Potassium bisperoxo (1,10-phenanthroline) oxovanadate suppresses proliferation of hippocampal neuronal cell lines by increasing DNA methyltransferases

• Main Authors: Xiao-Li Tian, Shu-Yuan Jiang, Xiao-Lu Zhang, Jie Yang, Jun-He Cui, Xiao-Lei Liu, Ke-Rui Gong, Shao-Chun Yan, Chun-Yang Zhang, Guo Shao
• Format: Article
• Language: English
• Published: Wolters Kluwer Medknow Publications 2019-01-01
• Series: Neural Regeneration Research
• Subjects: nerve regeneration; hippocampal neurons; potassium bisperoxo (1; 10-phenanthroline) oxovanadate; DNA methyltransferase; p21; HT22 cell; cell cycle; immunoblotting; DNA methylation; neural regeneration
• Online Access: http://www.nrronline.org/article.asp?issn=1673-5374;year=2019;volume=14;issue=5;spage=826;epage=833;aulast=Tian

Bisperoxo (1,10-phenanthroline) oxovanadate (BpV) can reportedly block the cell cycle.

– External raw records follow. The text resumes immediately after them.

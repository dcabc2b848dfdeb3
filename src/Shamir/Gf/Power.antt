-- ===== src/Shamir/Gf/Power.antt =====
-- The loop of gfInv in internal/shamir/shamir.go is a power by repeated squaring.
use secretstash.Base.{
  ℕ, zero, suc, ◌+◌, ◌*◌, ◌/◌, ◌^◌, ◌<◌, bit_and, ◌≡◌, refl, sym, ap, ◌∙◌, arith, ◌==◌, ==_iff,
  Bool-cases, inl, inr, if◌then◌else◌,
}
use secretstash.Base.Bits.{bit_and-one}
use secretstash.Shamir.Gf.{gf_mul, gf_inv_loop}
use secretstash.Shamir.Gf.Laws.{gf_mul_assoc}

-- The product of a number with n factors a, one after the other.
abbrev pub gf_mul_times : ℕ → ℕ → ℕ → ℕ
gf_mul_times zero result a = result
gf_mul_times (suc n) result a = gf_mul_times n (gf_mul result a) a

-- Twice as many factors are as many squares.
gf_mul_times_double :
    (n result a : ℕ) → gf_mul_times (n + n) result a ≡ gf_mul_times n result (gf_mul a a)
gf_mul_times_double zero result a = refl
gf_mul_times_double (suc n) result a =
    let two : suc n + suc n ≡ suc (suc (n + n)) = omega arith in
    ap (λ m. gf_mul_times m result a) two
    ∙ ap (λ r. gf_mul_times (n + n) r a) (gf_mul_assoc result a a)
    ∙ gf_mul_times_double n (gf_mul result (gf_mul a a)) a

-- One round, on an even and on an odd exponent.
gf_mul_times_round :
    (e result a : ℕ)
    → gf_mul_times (e / 2) (if bit_and e 1 == 1 then gf_mul result a else result) (gf_mul a a)
      ≡ gf_mul_times e result a
gf_mul_times_round e result a = elim (Bool-cases (bit_and e 1 == 1)) [
  | inl h ↦
      let odd : suc (e / 2 + e / 2) ≡ e =
        omega (arith, bit_and-one e, (==_iff (bit_and e 1) 1).0 h) in
      rw h (
        sym (gf_mul_times_double (e / 2) (gf_mul result a) a)
        ∙ ap (λ n. gf_mul_times n result a) odd)
  | inr h ↦
      let even : e / 2 + e / 2 ≡ e = ground (arith, bit_and-one e, h) in
      rw h (sym (gf_mul_times_double (e / 2) result a) ∙ ap (λ n. gf_mul_times n result a) even)
]

-- The loop of gfInv with an exponent below 2 ^ fuel ends, with the product of its result and as many
-- factors as the exponent says.
pub gf_inv_loop-gf_mul_times :
    (fuel e result a : ℕ) → e < 2 ^ fuel → gf_inv_loop fuel e result a ≡ gf_mul_times e result a
unfolding gf_inv_loop
gf_inv_loop-gf_mul_times zero e result a h =
    let none_left : 0 ≡ e = omega arith in ap (λ n. gf_mul_times n result a) none_left
gf_inv_loop-gf_mul_times (suc fuel) e result a h = elim (Bool-cases (e == 0)) [
  | inl z ↦ rw z (ap (λ n. gf_mul_times n result a) (sym ((==_iff e 0).0 z)))
  | inr z ↦
      let halved : 2 ^ suc fuel ≡ 2 ^ fuel * 2 = omega arith in
      rw z (
        gf_inv_loop-gf_mul_times fuel (e / 2) _ (gf_mul a a) (omega (arith, halved))
        ∙ gf_mul_times_round e result a)
]
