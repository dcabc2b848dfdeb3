-- ===== src/Shamir/Raw/Vanishing.antt =====
-- Polynomials of bytes with given zeros, and the masks that keep the values of a polynomial at given points.
use secretstash.Base.{
  ℕ, zero, suc, ◌<◌, ◌≤◌, ◌≡◌, refl, sym, ap, ap₂, ◌∙◌, subst, bit_xor, [], ◌∷◌, Bytes, length,
  replicate, length-replicate, All, arith,
}
use secretstash.Base.Bits.{xor_assoc, xor_self, xor-zero, xor-lt_byte}
use secretstash.Shamir.Codec.{IsBytes}
use secretstash.Shamir.Field
use secretstash.Shamir.Field.{Field}
use secretstash.Shamir.Gf.{gf_mul, gf_inv, gf_eval}
use secretstash.Shamir.Gf.Linear.{gf_mul-lt}
use secretstash.Shamir.Gf.Laws.{gf_mul_assoc, gf_mul-gf_inv, one-gf_mul}
use secretstash.Shamir.Gf.Instance.{gf, IsUnit}

-- The coefficients behind the constant term of (X + x) * (e + X * es).
times_root : ℕ → ℕ → Bytes → Bytes
times_root x e [] = e ∷ []
times_root x e (f ∷ fs) = bit_xor e (gf_mul x f) ∷ times_root x f fs

length-times_root : (x e : ℕ) (es : Bytes) → length (times_root x e es) ≡ suc (length es)
unfolding times_root
length-times_root x e [] = refl
length-times_root x e (f ∷ fs) = ap suc (length-times_root x f fs)

times_root-IsBytes : (x e : ℕ) (es : Bytes) → e < 256 → IsBytes es → IsBytes (times_root x e es)
unfolding times_root
times_root-IsBytes x e [] h b = (h, tt)
times_root-IsBytes x e (f ∷ fs) h b =
    (xor-lt_byte e (gf_mul x f) h (gf_mul-lt x f), times_root-IsBytes x f fs b.0 b.1)

module _ (k : Field) where
  open k use {F, add, mul, add_assoc, add_comm, mul_assoc, mul_comm, mul-add}

  root_step :
      (p q x w e f : F)
      → add (mul (add p (mul x q)) w) (add e (mul x f))
        ≡ add (add (mul p w) e) (mul x (add (mul q w) f))
  root_step p q x w e f = simp (
    Field.add-mul k,
    mul-add,
    add_assoc,
    add_comm,
    Field.add_left_comm k,
    mul_assoc,
    mul_comm,
    Field.mul_left_comm k,
  )

  root_product :
      (q x w e : F)
      → add (mul (add (add (mul q w) e) (mul x q)) w) (mul x e) ≡ mul (add x w) (add (mul q w) e)
  root_product q x w e = simp (
    Field.add-mul k,
    mul-add,
    add_assoc,
    add_comm,
    Field.add_left_comm k,
    mul_assoc,
    mul_comm,
    Field.mul_left_comm k,
  )

gf_eval-times_root :
    (x e : ℕ) (es : Bytes) (w : ℕ)
    → gf_eval (times_root x e es) w ≡ bit_xor (gf_eval (e ∷ es) w) (gf_mul x (gf_eval es w))
unfolding times_root gf_eval
gf_eval-times_root x e [] w =
    sym (ap (bit_xor (bit_xor (gf_mul 0 w) e)) (Field.mul-zero gf x) ∙ xor-zero _)
gf_eval-times_root x e (f ∷ fs) w =
    ap (λ t. bit_xor (gf_mul t w) (bit_xor e (gf_mul x f))) (gf_eval-times_root x f fs w)
    ∙ root_step gf (gf_eval (f ∷ fs) w) (gf_eval fs w) x w e f

-- The product has the value of a product.
product-times_root :
    (x e : ℕ) (es : Bytes) (w : ℕ)
    → gf_eval (gf_mul x e ∷ times_root x e es) w ≡ gf_mul (bit_xor x w) (gf_eval (e ∷ es) w)
unfolding gf_eval
product-times_root x e es w =
    ap (λ t. bit_xor (gf_mul t w) (gf_mul x e)) (gf_eval-times_root x e es w)
    ∙ root_product gf (gf_eval es w) x w e

-- The coefficients behind the constant term d of a polynomial with m of them and these zeros.
pub vanish : ℕ → ℕ → Bytes → Bytes
unfolding times_root
vanish d m [] = replicate m 0
vanish d zero (x ∷ xs) = []
vanish d (suc m) (x ∷ xs) = let e = gf_mul (gf_inv x) d in times_root x e (vanish e m xs)

still_zero :
    (x e : ℕ) (es xs : Bytes)
    → All (λ w. gf_eval (e ∷ es) w ≡ 0) xs
    → All (λ w. gf_eval (gf_mul x e ∷ times_root x e es) w ≡ 0) xs
still_zero x e es [] h = tt
still_zero x e es (w ∷ xs) h = (
  product-times_root x e es w ∙ ap (gf_mul (bit_xor x w)) h.0 ∙ Field.mul-zero gf (bit_xor x w),
  still_zero x e es xs h.1,
)

replicate-zero-IsBytes : (m : ℕ) → IsBytes (replicate m 0)
replicate-zero-IsBytes zero = tt
replicate-zero-IsBytes (suc m) = (omega arith, replicate-zero-IsBytes m)

pub length-vanish : (d m : ℕ) (xs : Bytes) → length (vanish d m xs) ≡ m
unfolding vanish
length-vanish d m [] = length-replicate m 0
length-vanish d zero (x ∷ xs) = refl
length-vanish d (suc m) (x ∷ xs) =
    let e = gf_mul (gf_inv x) d in
    length-times_root x e (vanish e m xs) ∙ ap suc (length-vanish e m xs)

pub vanish-IsBytes : (d m : ℕ) (xs : Bytes) → IsBytes (vanish d m xs)
unfolding vanish
vanish-IsBytes d m [] = replicate-zero-IsBytes m
vanish-IsBytes d zero (x ∷ xs) = tt
vanish-IsBytes d (suc m) (x ∷ xs) =
    let e = gf_mul (gf_inv x) d in
    times_root-IsBytes x e (vanish e m xs) (gf_mul-lt (gf_inv x) d) (vanish-IsBytes e m xs)

gf_eval-vanish :
    (d m : ℕ) (xs : Bytes)
    → d < 256
    → length xs ≤ m
    → All IsUnit xs
    → All (λ x. gf_eval (d ∷ vanish d m xs) x ≡ 0) xs
unfolding vanish
gf_eval-vanish d m [] h n u = tt
gf_eval-vanish d zero (x ∷ xs) h n u = absurd (omega arith)
gf_eval-vanish d (suc m) (x ∷ xs) h n u =
    let e = gf_mul (gf_inv x) d in
    let es = vanish e m xs in
    let constant : gf_mul x e ≡ d =
      sym (gf_mul_assoc x (gf_inv x) d)
      ∙ ap (λ t. gf_mul t d) (gf_mul-gf_inv x u.0)
      ∙ one-gf_mul d h in
    subst (λ c. All (λ w. gf_eval (c ∷ times_root x e es) w ≡ 0) (x ∷ xs)) constant
      (
        product-times_root x e es x
            ∙ ap (λ t. gf_mul t (gf_eval (e ∷ es) x)) (xor_self x)
            ∙ Field.zero-mul gf (gf_eval (e ∷ es) x),
        still_zero x e es xs (gf_eval-vanish e m xs (gf_mul-lt (gf_inv x) d) (omega arith) u.1),
      )

-- The exclusive or of bytes with a mask, as far as the mask goes: for polynomials with as many
-- coefficients it is their sum.
pub sum : Bytes → Bytes → Bytes
sum [] ds = []
sum (c ∷ cs) [] = c ∷ cs
sum (c ∷ cs) (d ∷ ds) = bit_xor c d ∷ sum cs ds

pub length-sum : (cs ds : Bytes) → length (sum cs ds) ≡ length cs
unfolding sum
length-sum [] ds = refl
length-sum (c ∷ cs) [] = refl
length-sum (c ∷ cs) (d ∷ ds) = ap suc (length-sum cs ds)

pub sum-IsBytes : (cs ds : Bytes) → IsBytes cs → IsBytes ds → IsBytes (sum cs ds)
unfolding sum
sum-IsBytes [] ds b b' = tt
sum-IsBytes (c ∷ cs) [] b b' = b
sum-IsBytes (c ∷ cs) (d ∷ ds) b b' = (xor-lt_byte c d b.0 b'.0, sum-IsBytes cs ds b.1 b'.1)

-- To mask twice is to change nothing.
pub sum_twice : (cs ds : Bytes) → sum (sum cs ds) ds ≡ cs
unfolding sum
sum_twice [] ds = refl
sum_twice (c ∷ cs) [] = refl
sum_twice (c ∷ cs) (d ∷ ds) =
    ap₂ ◌∷◌ (xor_assoc c d d ∙ ap (bit_xor c) (xor_self d) ∙ xor-zero c) (sum_twice cs ds)

gf_eval-sum :
    (cs ds : Bytes) (w : ℕ)
    → length cs ≡ length ds
    → gf_eval (sum cs ds) w ≡ bit_xor (gf_eval cs w) (gf_eval ds w)
unfolding sum gf_eval
gf_eval-sum [] [] w h = refl
gf_eval-sum [] (d ∷ ds) w h = absurd (omega arith)
gf_eval-sum (c ∷ cs) [] w h = absurd (omega arith)
gf_eval-sum (c ∷ cs) (d ∷ ds) w h =
    ap (λ t. bit_xor (gf_mul t w) (bit_xor c d)) (gf_eval-sum cs ds w (omega arith))
    ∙ ap (λ t. bit_xor t (bit_xor c d)) (Field.add-mul gf (gf_eval cs w) (gf_eval ds w) w)
    ∙ Field.add_interchange gf (gf_mul (gf_eval cs w) w) (gf_mul (gf_eval ds w) w) c d

-- A polynomial that is masked with the one that vanishes at these points has the same values there, and the
-- other constant term.
pub gf_eval-masked :
    (c : ℕ) (cs : Bytes) (t m : ℕ) (xs : Bytes)
    → c < 256
    → t < 256
    → length cs ≡ m
    → length xs ≤ m
    → All IsUnit xs
    → All (λ x. gf_eval (t ∷ sum cs (vanish (bit_xor c t) m xs)) x ≡ gf_eval (c ∷ cs) x) xs
unfolding sum
gf_eval-masked c cs t m xs h g len n u =
    equal (vanish (bit_xor c t) m xs) (len ∙ sym (length-vanish (bit_xor c t) m xs)) xs
      (gf_eval-vanish (bit_xor c t) m xs (xor-lt_byte c t h g) n u)
  where
    equal :
        (ds : Bytes)
        → length cs ≡ length ds
        → (ys : Bytes) → All (λ w. gf_eval (bit_xor c t ∷ ds) w ≡ 0) ys
        → All (λ x. gf_eval (t ∷ sum cs ds) x ≡ gf_eval (c ∷ cs) x) ys
    equal ds len [] z = tt
    equal ds len (y ∷ ys) z = (
      ap (λ t'. gf_eval (t' ∷ sum cs ds) y) (sym (Field.add_cancel gf c t))
          ∙ gf_eval-sum (c ∷ cs) (bit_xor c t ∷ ds) y (ap suc len)
          ∙ ap (bit_xor (gf_eval (c ∷ cs) y)) z.0
          ∙ xor-zero (gf_eval (c ∷ cs) y),
      equal ds len ys z.1,
    )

The present study examined whether BpV alters gene expression by affecting DNA methyltransferases (DNMTs), which would impact the cell cycle. Immortalized mouse hippocampal neuronal precursor cells (HT22) were treated with 0.3 or 3 μM BpV. Proliferation, morphology, and viability of HT22 cells were detected with an IncuCyte real-time video imaging system or inverted microscope and 3-(4,5-dimethylthiazol-2-yl)-5(3-carboxymethonyphenol)-2-(4-sulfophenyl)-2H-tetrazolium, respectively. mRNA and protein expression of DNMTs and p21 in HT22 cells was detected by real-time polymerase chain reaction and immunoblotting, respectively. In addition, DNMT activity was measured with an enzyme-linked immunosorbent assay. Effects of BpV on the cell cycle were analyzed using flow cytometry. Results demonstrated that treatment with 0.3 μM BpV did not affect cell proliferation, morphology, or viability; however, treatment with 3 μM BpV decreased cell viability, increased expression of both DNMT3B mRNA and protein, and inhibited the proliferation of HT22 cells; and 3 μM BpV also blocked the cell cycle and increased expression of the regulatory factor p21 by increasing DNMT expression in mouse hippocampal neurons.